I forgot to ask this but I'd like to know if you can over feed frogs termite's? For instance can they get gout or a similar dissorder from eating foods that are too rich??

JP


----------



## maxdendros (May 29, 2009)

Yes frogs can become obese so I don't reccomend feeding termites 24/7.


----------



## frogparty (Dec 27, 2007)

I would assume they can get too much of a good thing. In nature, they may eat them daily if there is a colony in their territory, but I bet they get a lot more excercise too. Im just feeding once a week with the termites. 25 per frog for he big ones, 15 per frog for the imis Otherwise, they get ffs and woodlice the rest of the time


----------



## Ed (Sep 19, 2004)

frogparty said:


> I would assume they can get too much of a good thing. In nature, they may eat them daily if there is a colony in their territory, but I bet they get a lot more excercise too. Im just feeding once a week with the termites. 25 per frog for he big ones, 15 per frog for the imis Otherwise, they get ffs and woodlice the rest of the time


Okay this isn't a hijack but a crossover between two threads as it illustrates a point I was trying to make in anothe thread.. 



frogparty said:


> I microwave, pressure cook or bleach bath EVERYTHING that goes in my vivs. I dont mind if they break down a bit faster, I can always get more


Can anyone here explain to me why it is necessary to disinfect everything but the wild collected feeders like termites? Is there any reason why there is a perception that the termites or the substrate in which they are collected, shipped, housed any safer than the materials than say the leaf litter? 


Ed


----------



## Ed (Sep 19, 2004)

snooknfrogs said:


> I forgot to ask this but I'd like to know if you can over feed frogs termite's? For instance can they get gout or a similar dissorder from eating foods that are too rich??
> 
> JP


Yes you can overfeed with termites. Many captive frogs are already obese and termites are very high in fats and this can cause many of the same problems as with other animals, 
fatty liver, heart issues..etc... 

Ed


----------



## markbudde (Jan 4, 2008)

Ed said:


> Yes you can overfeed with termites. Many captive frogs are already obese and termites are very high in fats and this can cause many of the same problems as with other animals,
> fatty liver, heart issues..etc...
> 
> Ed


Is there any evidence that feeding frogs high in fat makes them obese?


----------



## snooknfrogs (Sep 25, 2009)

What would be a good rule of thumb?

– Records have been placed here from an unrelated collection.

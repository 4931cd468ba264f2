-- ===== src/CueOrder/Members.antt =====
-- The members of a group, and the rows and headers that crates/cuepool-gui/src/cue_order.rs finds in a
-- list whose groups stand in no group.
use cue_pool.Base.{
  ℕ, zero, suc, ◌+◌, ◌-◌, ◌≤◌, ◌<◌, ◌≡◌, refl, ap, sym, ◌∙◌, Bool, true, none, some, List, [], ◌∷◌,
  arith, drop, take, get_elem?, Option-cases, Bool-cases, inl, inr, All,
}
use cue_pool.Cue.{Cue, qid, parent, is_group}
use cue_pool.Sequence.{is_member_of}
use cue_pool.CueOrder.{leading_members, span, rposition_by}

-- No group is a member of a group.
abbrev pub Flat : List Cue → Type 0
Flat cues = All (λ c. is_group c ≡ true → parent c ≡ none) cues

pub Flat-parent :
    (cs : List Cue) (i : ℕ) (c : Cue)
    → Flat cs
    → get_elem? cs i ≡ some c
    → is_group c ≡ true
    → parent c ≡ none
Flat-parent [] i c f e y = absurd (ground arith)
Flat-parent (d ∷ cs) zero c f e y =
    let same : d ≡ c = cc in ap parent (sym same) ∙ f.0 (ap is_group same ∙ y)
Flat-parent (d ∷ cs) (suc i) c f e y = Flat-parent cs i c f.1 e y

member-parent : (g : ℕ) (c : Cue) → is_member_of g c ≡ true → parent c ≡ some g
member-parent g c e = elim (Option-cases (parent c)) [
  | inl top ↦ absurd (ground (arith, top))
  | inr (q, on) ↦ ground (arith, on)
]

leading_members-suc :
    (g : ℕ) (d : Cue) (cs : List Cue) (m : ℕ)
    → m < leading_members g (d ∷ cs)
    → (is_member_of g d ≡ true) × (m < suc (leading_members g cs))
unfolding leading_members
leading_members-suc g d cs m h = elim (Bool-cases (is_member_of g d)) [
  | inl joins ↦ (joins, ground (arith, joins))
  | inr ends ↦ absurd (ground (arith, ends))
]

leading-parent :
    (g : ℕ) (cs : List Cue) (m : ℕ) (c : Cue)
    → m < leading_members g cs
    → get_elem? cs m ≡ some c
    → parent c ≡ some g
leading-parent g [] m c h e = absurd (ground arith)
leading-parent g (d ∷ cs) zero c h e =
    let same : d ≡ c = cc in
    ap parent (sym same) ∙ member-parent g d (leading_members-suc g d cs zero h).0
leading-parent g (d ∷ cs) (suc m) c h e =
    let l = leading_members-suc g d cs (suc m) h in leading-parent g cs m c (omega (arith, l.1)) e

get-behind : (n m : ℕ) (cs : List Cue) → get_elem? (drop n cs) m ≡ get_elem? cs (n + m)
get-behind zero m cs = ap (get_elem? cs) {x = m} (omega arith)
get-behind (suc n) m [] = refl
get-behind (suc n) m (c ∷ cs) =
    get-behind n m cs ∙ ap (get_elem? (c ∷ cs)) {x = suc (n + m)} (omega arith)

pub get-take : (n h : ℕ) (cs : List Cue) → h < n → get_elem? (take n cs) h ≡ get_elem? cs h
get-take zero h cs l = absurd (omega arith)
get-take (suc n) h [] l = refl
get-take (suc n) zero (c ∷ cs) l = refl
get-take (suc n) (suc h) (c ∷ cs) l = get-take n h cs (omega arith)

pub rposition-at :
    (p : Cue → Bool) (cs : List Cue) (n : ℕ) (c : Cue)
    → rposition_by p cs ≡ some n
    → get_elem? cs n ≡ some c
    → p c ≡ true
rposition-at p [] n c e g = absurd (ground arith)
rposition-at p (d ∷ cs) n c e g = elim (Option-cases (rposition_by p cs)) [
  | inl off ↦ ground (arith, off)
  | inr (m, on) ↦ ground (arith, on, rposition-at p cs m c on)
]

pub rposition-last :
    (p : Cue → Bool) (cs : List Cue) (i : ℕ) (c : Cue)
    → get_elem? cs i ≡ some c
    → p c ≡ true
    → (n : ℕ) × (rposition_by p cs ≡ some n) × (i ≤ n)
rposition-last p [] i c e y = absurd (ground arith)
rposition-last p (d ∷ cs) zero c e y = elim (Option-cases (rposition_by p cs)) [
  | inl off ↦ (0, ground (arith, off), omega arith)
  | inr (m, on) ↦ (suc m, ground (arith, on), omega arith)
]
rposition-last p (d ∷ cs) (suc i) c e y =
    let (n, at, le) = rposition-last p cs i c e y in (suc n, ground (arith, at), omega arith)

-- A row behind the first one of a block is a member of the group in front.
pub inner-parent :
    (cues : List Cue) (j h : ℕ) (d : Cue)
    → j < h
    → h < (span cues j).end
    → get_elem? cues h ≡ some d
    → (c : Cue) × (get_elem? cues j ≡ some c) × (is_group c ≡ true) × (parent d ≡ some (qid c))
unfolding span
inner-parent cues j h d l m e = elim (Option-cases (get_elem? cues j)) [
  | inl off ↦ absurd (ground (arith, off))
  | inr (c, on) ↦ elim (Bool-cases (is_group c)) [
    | inr lone ↦ absurd (ground (arith, on, lone))
    | inl grouped ↦
        let n = h - (j + 1) in
        let row : j + 1 + n ≡ h = omega arith in
        (
          c,
          on,
          grouped,
          leading-parent (qid c) (drop (j + 1) cues) n d (ground (arith, on, grouped))
              (get-behind (j + 1) n cues ∙ ap (get_elem? cues) row ∙ e),
        )
  ]
]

How many times a week would be ok to feed termite's and how many per feeding... say for a tinc (x) and a pumilio (x)... Thanks

JP

By the way... where I collect termite's is in a virgin pine forrest


----------



## frogparty (Dec 27, 2007)

Well Ed, I can't ever create a sterile environment in a viv, but I can take precautions. I don't know what kind of sterility he woodlice cultures I have came from initially, nor can I guarantee that the zucchni I feed thm is free of parasites( I know I got mites in one from feeding unwashed zucchini.) However, after battling slugs and snails, mini centipedes, whitefly and more slugs, and more slugs, I feel its worth the time. At least half my sterility paranoia is to keep these pests away from my vivs, because I have had a hell of a time removing them once they were in. I use sprig water that I cant guarantee as well. I have access to deionized water, but Im not too worried about it. Mosses from outside especially seem to harbor excessive amounts of life, and although I don't know if chytrid spores can be killed in a bleach bath, it sure kills slug eggs.


----------



## snooknfrogs (Sep 25, 2009)

Is there a thread on culturing woodlice anywhere? I like being able to feed my animals a variety of foods and that's one I've been thinking of trying. Thx

JP


----------



## frogparty (Dec 27, 2007)

its super easy 
Mark Budde just posted one, I think it got made a sticky in the food and feeding section
I use coco fiber chunks moistened as substrate with cardboar on top, and feed zucchini, carrot, and fish flakes. The orange are the best producers for me, te dwarf temperates close behind. The whites seem slower, but I think if I kept them warmer they would speed up a bit.
Im experimenting with a stacked cardboard culture for ease of removal, but I just starte it, and it will be a while before I find out if it works


----------



## Ed (Sep 19, 2004)

frogparty said:


> Well Ed, I can't ever create a sterile environment in a viv, but I can take precautions. I don't know what kind of sterility he woodlice cultures I have came from initially, nor can I guarantee that the zucchni I feed thm is free of parasites( I know I got mites in one from feeding unwashed zucchini.) However, after battling slugs and snails, mini centipedes, whitefly and more slugs, and more slugs, I feel its worth the time. At least half my sterility paranoia is to keep these pests away from my vivs, because I have had a hell of a time removing them once they were in. I use sprig water that I cant guarantee as well. I have access to deionized water, but Im not too worried about it. Mosses from outside especially seem to harbor excessive amounts of life, and although I don't know if chytrid spores can be killed in a bleach bath, it sure kills slug eggs.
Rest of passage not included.